Um dos fatores que explica a expansão do setor financeiro é a sua inclinação para introduzir inovações que tornaram as operações do setor mais opacas, disfarçaram riscos, aumentaram a propensão à volatilidade e incrementaram os níveis de influência. A financeirização converteu muitas operações em zona vedada para os reguladores e agências de supervisão. A autor regulação só proporcionou a ilusão de que se estava fazendo alguma coisa para frear os abusos.

Um ponto fundamental que o PNUMA não pode entender: uma proporção significativa da montanha de recursos em mãos do setor financeiro é riqueza contábil. Provém de um típico processo de inflação de ativos, ou seja, de uma bolha. A crise é a forma de destruir esse património que só existe na contabilidade. Para analistas como Nouriel Roubini ou Dean Baker, ainda falta muito para o processo deflacionário completar a sua tarefa.

Além disso, uma parte desses recursos financeiros provém das operações de criação monetária dos bancos. Por exemplo: com os seus empréstimos, os bancos da União Europeia criaram milhares de milhões de euros do nada ou, como dizem, ex nihilo. E só uma fração minúscula desses créditos esteve respaldada por depósitos. O balão gigante ainda está a esvaziar.

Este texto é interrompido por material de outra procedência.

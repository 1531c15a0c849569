-- ===== src/Price/Run.antt =====
-- The inner loop of `find_cheapest_window`: from its start index it takes the shortest gapless run
-- that lasts long enough.
use spot_price.Prelude.{
  ℕ, zero, suc, ◌≤◌, ◌<◌, true, false, Option, some, List, [], ◌∷◌, ◌≡◌, inl, inr, arith, length,
  take, Bool-cases, Option-cases, ◌∙◌,
}
use spot_price.Float.{Double}
use spot_price.Jiff.{Instant}
use spot_price.Price.{TotalPrice, minutes, total_of, follows, run}

module _ {T F : Type 0} ⦃i : Instant T⦄ ⦃d : Double F⦄ where
  open d use {add, mul, div, le}

  -- The sums over a list, from the left and from a first value.
  abbrev pub minutes_of : F → List (TotalPrice T F) → F
  minutes_of acc [] = acc
  minutes_of acc (entry ∷ entries) = minutes_of (add acc (minutes entry.period)) entries

  abbrev pub weighted_of : F → List (TotalPrice T F) → F
  weighted_of acc [] = acc
  weighted_of acc (entry ∷ entries) =
      weighted_of (add acc (mul (total_of entry) (minutes entry.period))) entries

  -- Each interval starts where the one before it ended.
  abbrev pub IsLinked : Option T → List (TotalPrice T F) → Type 0
  IsLinked previous [] = Unit
  IsLinked previous (entry ∷ entries) =
      (follows previous entry ≡ true) × IsLinked (some entry.period.end) entries

  -- The first `n` entries are linked and last long enough, and no fewer do.
  pub record IsShortest (duration acc : F) (previous : Option T) (entries : List (TotalPrice T F))
      (n : ℕ) : Type 0 where
    pub some_entry : 0 < n
    pub in_range : n ≤ length entries
    pub linked : IsLinked previous (take n entries)
    pub long_enough : le duration (minutes_of acc (take n entries)) ≡ true
    pub no_shorter : (m : ℕ) → 0 < m → m < n → le duration (minutes_of acc (take m entries)) ≡ false

  abbrev pub average : F → F → List (TotalPrice T F) → F
  average weighted acc entries = div (weighted_of weighted entries) (minutes_of acc entries)

  module _ (duration acc : F) (previous : Option T) (e : TotalPrice T F)
      (es : List (TotalPrice T F)) where
    IsShortest-one :
        follows previous e ≡ true
        → le duration (add acc (minutes e.period)) ≡ true
        → IsShortest duration acc previous (e ∷ es) 1
    IsShortest-one linked done = record {
      some_entry = omega arith;
      in_range = omega arith;
      linked = (linked, tt);
      long_enough = done;
      no_shorter = λ m p q. absurd (omega arith);
    }

    IsShortest-suc :
        (k : ℕ)
        → follows previous e ≡ true
        → le duration (add acc (minutes e.period)) ≡ false
        → IsShortest duration (add acc (minutes e.period)) (some e.period.end) es k
        → IsShortest duration acc previous (e ∷ es) (suc k)
    IsShortest-suc k linked more rest = record {
      some_entry = omega arith;
      in_range = omega (arith, rest.in_range);
      linked = (linked, rest.linked);
      long_enough = rest.long_enough;
      no_shorter = elim [
        | zero ↦ λ p q. absurd (omega arith)
        | suc zero ↦ λ p q. more
        | suc (suc m) ↦ λ p q. rest.no_shorter (suc m) (omega arith) (omega arith)
      ];
    }

  pub run-IsShortest :
      (duration acc weighted : F) (previous : Option T) (entries : List (TotalPrice T F)) (n : ℕ)
      (a : F)
      → run duration acc weighted previous entries ≡ some (n, a)
      → IsShortest duration acc previous entries n × (a ≡ average weighted acc (take n entries))
  unfolding run
  run-IsShortest duration acc weighted previous [] n a h = absurd (ground arith)
  run-IsShortest duration acc weighted previous (e ∷ es) n a h =
      let acc' = add acc (minutes e.period) in
      let weighted' = add weighted (mul (total_of e) (minutes e.period)) in
      let later = run duration acc' weighted' (some e.period.end) es in
      elim (Bool-cases (follows previous e)) [
        | inr gap ↦ absurd (ground arith)
        | inl linked ↦ elim (Bool-cases (le duration acc')) [
          | inl done ↦
              let one : n ≡ 1 = ground arith in
              rw one (IsShortest-one duration acc previous e es linked done, ground arith)
          | inr more ↦ elim (Option-cases later) [
            | inl e' ↦ absurd (ground arith)
            | inr ((k, b), e') ↦
                let (rest, mean) =
                  run-IsShortest duration acc' weighted' (some e.period.end) es k b e' in
                let count : n ≡ suc k = ground arith in
                let same : a ≡ b = ground arith in
                rw count (IsShortest-suc duration acc previous e es k linked more rest, same ∙ mean)
          ]
        ]
      ]

  pub IsShortest-run :
      (duration acc weighted : F) (previous : Option T) (entries : List (TotalPrice T F)) (n : ℕ)
      → IsShortest duration acc previous entries n
      → run duration acc weighted previous entries ≡ some (n, average weighted acc (take n entries))
  unfolding run
  IsShortest-run duration acc weighted previous [] n s =
      absurd (omega (arith, s.some_entry, s.in_range))
  IsShortest-run duration acc weighted previous (e ∷ es) zero s =
      absurd (omega (arith, s.some_entry))
  IsShortest-run duration acc weighted previous (e ∷ es) (suc zero) s =
      rw (s.linked.0, s.long_enough)
  IsShortest-run duration acc weighted previous (e ∷ es) (suc (suc k)) s =
      let acc' = add acc (minutes e.period) in
      let weighted' = add weighted (mul (total_of e) (minutes e.period)) in
      let rest : IsShortest duration acc' (some e.period.end) es (suc k) = record {
        some_entry = omega arith;
        in_range = omega (arith, s.in_range);
        linked = s.linked.1;
        long_enough = s.long_enough;
        no_shorter = λ m p q. s.no_shorter (suc m) (omega arith) (omega arith);
      } in
      rw
        (
          s.linked.0,
          s.no_shorter 1 (omega arith) (omega arith),
          IsShortest-run duration acc' weighted' (some e.period.end) es (suc k) rest,
        )
        (ground arith)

O PNUMA deveria estudar com seriedade a relação entre os setores financeiros e a realidade da economia. Os canais de transmissão entre estes setores são críticos para a manutenção da estabilidade macroeconómica. Nos nossos tempos, as operações no setor financeiro propagaram e amplificaram a turbulência e puseram de joelhos a economia real. Caramba, até uma organização tão conservadora como o Comité de Supervisão de bancos da Basileia (dependente do Banco Internacional de Compensações) preocupa-se com estes temas. Por que os funcionários do PNUMA não podem fazer o mesmo?

 

(*) Alejandro Nadal é membro do Conselho Editorial de Sin Permiso.